Furniture


“The major difference between modern and 18th century techniques is the level of labor required to build furniture. Obviously, everything is done by hand,” he said of the old methods. “It’s all powered by either your legs or your arms. The chairs — I do everything by hand to make those.”

                                                                                         M. Stein

18th Century Techniques Furniture

I handcraft my Windsor chairs using traditional methods just as the chairmakers of two centuries ago, but I am also building a lot of different thing throughout the year, not just Windsor chairs.  I am working in a modest 2000 sq. ft. shop with modern electrically powered tools. (jointers, planer, drill press and thickness planer)  My philosophy on building furniture has always been to use the modern equipment to speed up the process of building furniture. This allows me to  keep the price as reasonable as possible without sacrificing the “handmade”  look of the piece.  What that means to me is, even if something is put through a modern piece of equipment it is then further refined at the bench with hand tools. Therefore, every piece of furniture that goes out of the shop is being hand worked in some way.  Some use the term “Bench built” which I feel defines the style of work that I do.

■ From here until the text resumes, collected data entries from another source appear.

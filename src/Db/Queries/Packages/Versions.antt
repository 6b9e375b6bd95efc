-- ===== src/Db/Queries/Packages/Versions.antt =====
-- What `upsert_package_version` of app/infrastructure/db/repositories.py leaves of the versions.

use npm_sentinel.Base.{
  ℕ, String, ◌≡◌, refl, ◌∙◌, ◌++◌, inl, inr, true, false, not, ◌&&◌, ◌==◌, none, some, List, [],
  ◌∷◌, arith, Option-cases, str_eq, str_eq_iff, str_eq_refl, if◌then◌else◌,
}
use npm_sentinel.Db.Models.{Db, PackageVersionModel, PackageVersionMetadata}
use npm_sentinel.Db.Table.{
  find_row, update_where, some_row, map_row, or_row-none, find_row-update_where, find_row-append,
  find_row-meets, Unique, Unique-update_where, Unique-append,
}
use npm_sentinel.Db.Session.{fits, fits_int, has_package_id}
use npm_sentinel.Db.Holds.{Holds, Holds-check}
use npm_sentinel.Db.Packages.{has_version, upsert_package_version}

-- The row has what was asked for, and is found; the rows of other versions are as they were, and so are the packages.
abbrev pub VersionStored :
    ℕ → String → PackageVersionMetadata → Db → PackageVersionModel → Db → Type 0
VersionStored package_id version metadata before row after =
    (row.package_id ≡ package_id)
    × (row.version ≡ version)
    × (row.metadata ≡ metadata)
    × (find_row (has_version package_id version) after.versions ≡ some row)
    × ((other_id : ℕ) (other : String)
        → (package_id == other_id && str_eq version other) ≡ false
        → find_row (has_version other_id other) after.versions
          ≡ find_row (has_version other_id other) before.versions)
    × (after.packages ≡ before.packages)
    × Unique (λ v. v.id) after.versions

versions_apart :
    (i j : ℕ) (v w : String) (r : PackageVersionModel)
    → (i == j && str_eq v w) ≡ false
    → has_version j w r ≡ true
    → has_version i v r ≡ false
versions_apart i j v w r apart h =
    ground (arith, str_eq_iff r.version v, str_eq_iff r.version w, str_eq_iff v w)

own_apart :
    (i j : ℕ) (v w : String) (r : PackageVersionModel)
    → (i == j && str_eq v w) ≡ false
    → has_version i v r ≡ true
    → has_version j w r ≡ false
own_apart i j v w r apart h =
    ground (arith, str_eq_iff r.version v, str_eq_iff r.version w, str_eq_iff v w)

module _ (package_id : ℕ) (version : String) (metadata : PackageVersionMetadata) where
  abbrev stored : PackageVersionModel → PackageVersionModel
  stored r = if has_version package_id version r then record r { metadata = metadata } else r

  map_row-stored :
      (j : ℕ) (w : String) (rs : List PackageVersionModel)
      → (package_id == j && str_eq version w) ≡ false
      → map_row stored (find_row (has_version j w) rs) ≡ find_row (has_version j w) rs
  map_row-stored j w rs apart = elim (Option-cases (find_row (has_version j w) rs)) [
    | inl gone ↦ rw gone refl
    | inr (r, found) ↦
        rw
          (
            found,
            versions_apart package_id j version w r apart
                (find_row-meets (has_version j w) {r = r} rs found),
          )
          refl
  ]

  or_row-apart :
      (j : ℕ) (w : String) (rs : List PackageVersionModel) (r : PackageVersionModel)
      → (package_id == j && str_eq version w) ≡ false
      → has_version package_id version r ≡ true
      → find_row (has_version j w) (rs ++ r ∷ []) ≡ find_row (has_version j w) rs
  unfolding find_row
  or_row-apart j w rs r apart own =
      find_row-append (has_version j w) rs (r ∷ [])
      ∙ rw (own_apart package_id j version w r apart own)
          (or_row-none (find_row (has_version j w) rs))

  stored_old :
      (db : Db) (r : PackageVersionModel)
      → Unique (λ v. v.id) db.versions
      → find_row (has_version package_id version) db.versions ≡ some r
      → VersionStored package_id version metadata db
          (record r { metadata = metadata })
          (record db {
            versions =
                update_where
                  (has_version package_id version)
                  (λ v. record v { metadata = metadata })
                  db.versions;
          })
  stored_old db r u found =
      let own = find_row-meets (has_version package_id version) {r = r} db.versions found in
      let updated =
        find_row-update_where (has_version package_id version) (has_version package_id version)
          (λ (v : PackageVersionModel). record v { metadata = metadata }) db.versions (λ a. refl) in
      (
        ground (arith, own),
        ground (arith, own, str_eq_iff r.version version),
        refl,
        rw (updated, found, own) refl,
        λ j w apart.
            find_row-update_where (has_version j w) (has_version package_id version)
              (λ (v : PackageVersionModel). record v { metadata = metadata }) db.versions
              (λ a. refl)
            ∙ map_row-stored j w db.versions apart,
        refl,
        Unique-update_where (λ v. v.id) (has_version package_id version)
            (λ (v : PackageVersionModel). record v { metadata = metadata }) db.versions (λ a. refl)
            u,
      )

  stored_new :
      (db : Db) (r : PackageVersionModel)
      → Unique (λ v. v.id) db.versions
      → find_row (has_version package_id version) db.versions ≡ none
      → (r.package_id ≡ package_id) × (r.version ≡ version) × (r.metadata ≡ metadata)
      → some_row (λ v. v.id == r.id) db.versions ≡ false
      → VersionStored package_id version metadata db r
          (record db { versions = db.versions ++ r ∷ [] })
  unfolding find_row
  stored_new db r u gone (at_package, at_version, given) new =
      let own : has_version package_id version r ≡ true =
        rw (at_package, at_version, str_eq_refl version) (ground arith) in
      (
        at_package,
        at_version,
        given,
        find_row-append (has_version package_id version) db.versions (r ∷ []) ∙ rw (gone, own) refl,
        λ j w apart. or_row-apart j w db.versions r apart own,
        refl,
        Unique-append (λ v. v.id) db.versions r u new,
      )

  pub VersionStored-upsert_package_version :
      (now new_id : ℕ) (db : Db)
      → Unique (λ v. v.id) db.versions
      → Holds
          (VersionStored package_id version metadata db)
          (upsert_package_version now new_id package_id version metadata db)
  unfolding upsert_package_version
  VersionStored-upsert_package_version now new_id db u =
      Holds-check (VersionStored package_id version metadata db)
        (fits 128 version && (fits_int metadata.unpacked_size && fits_int metadata.file_count)) _
        λ _.
          Holds-check (VersionStored package_id version metadata db)
            (some_row (has_package_id package_id) db.packages) _
            λ _. elim (Option-cases (find_row (has_version package_id version) db.versions)) [
              | inl gone ↦
                  rw (gone, upsert_package_version)
                    (Holds-check (VersionStored package_id version metadata db)
                      (not (some_row (λ v. v.id == new_id) db.versions)) _
                      λ new. stored_new db _ u gone (refl, refl, refl) (ground arith))
              | inr (r, found) ↦ rw (found, upsert_package_version) (stored_old db r u found)
            ]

When I am at a craft or market fair selling my work I am always dressed in period clothing demonstrating some aspect of 18th century woodworking.  The question always arises, is this is how everything is made?  So to clarify, no, not exactly, but I spend a lot of time in my shop without hearing the hum of the modern equipment!

I enjoy what I do and take great pride in producing these reproductions of America’s past. Enjoy the web site and I look forward to building an heirloom “Bench built” piece for you.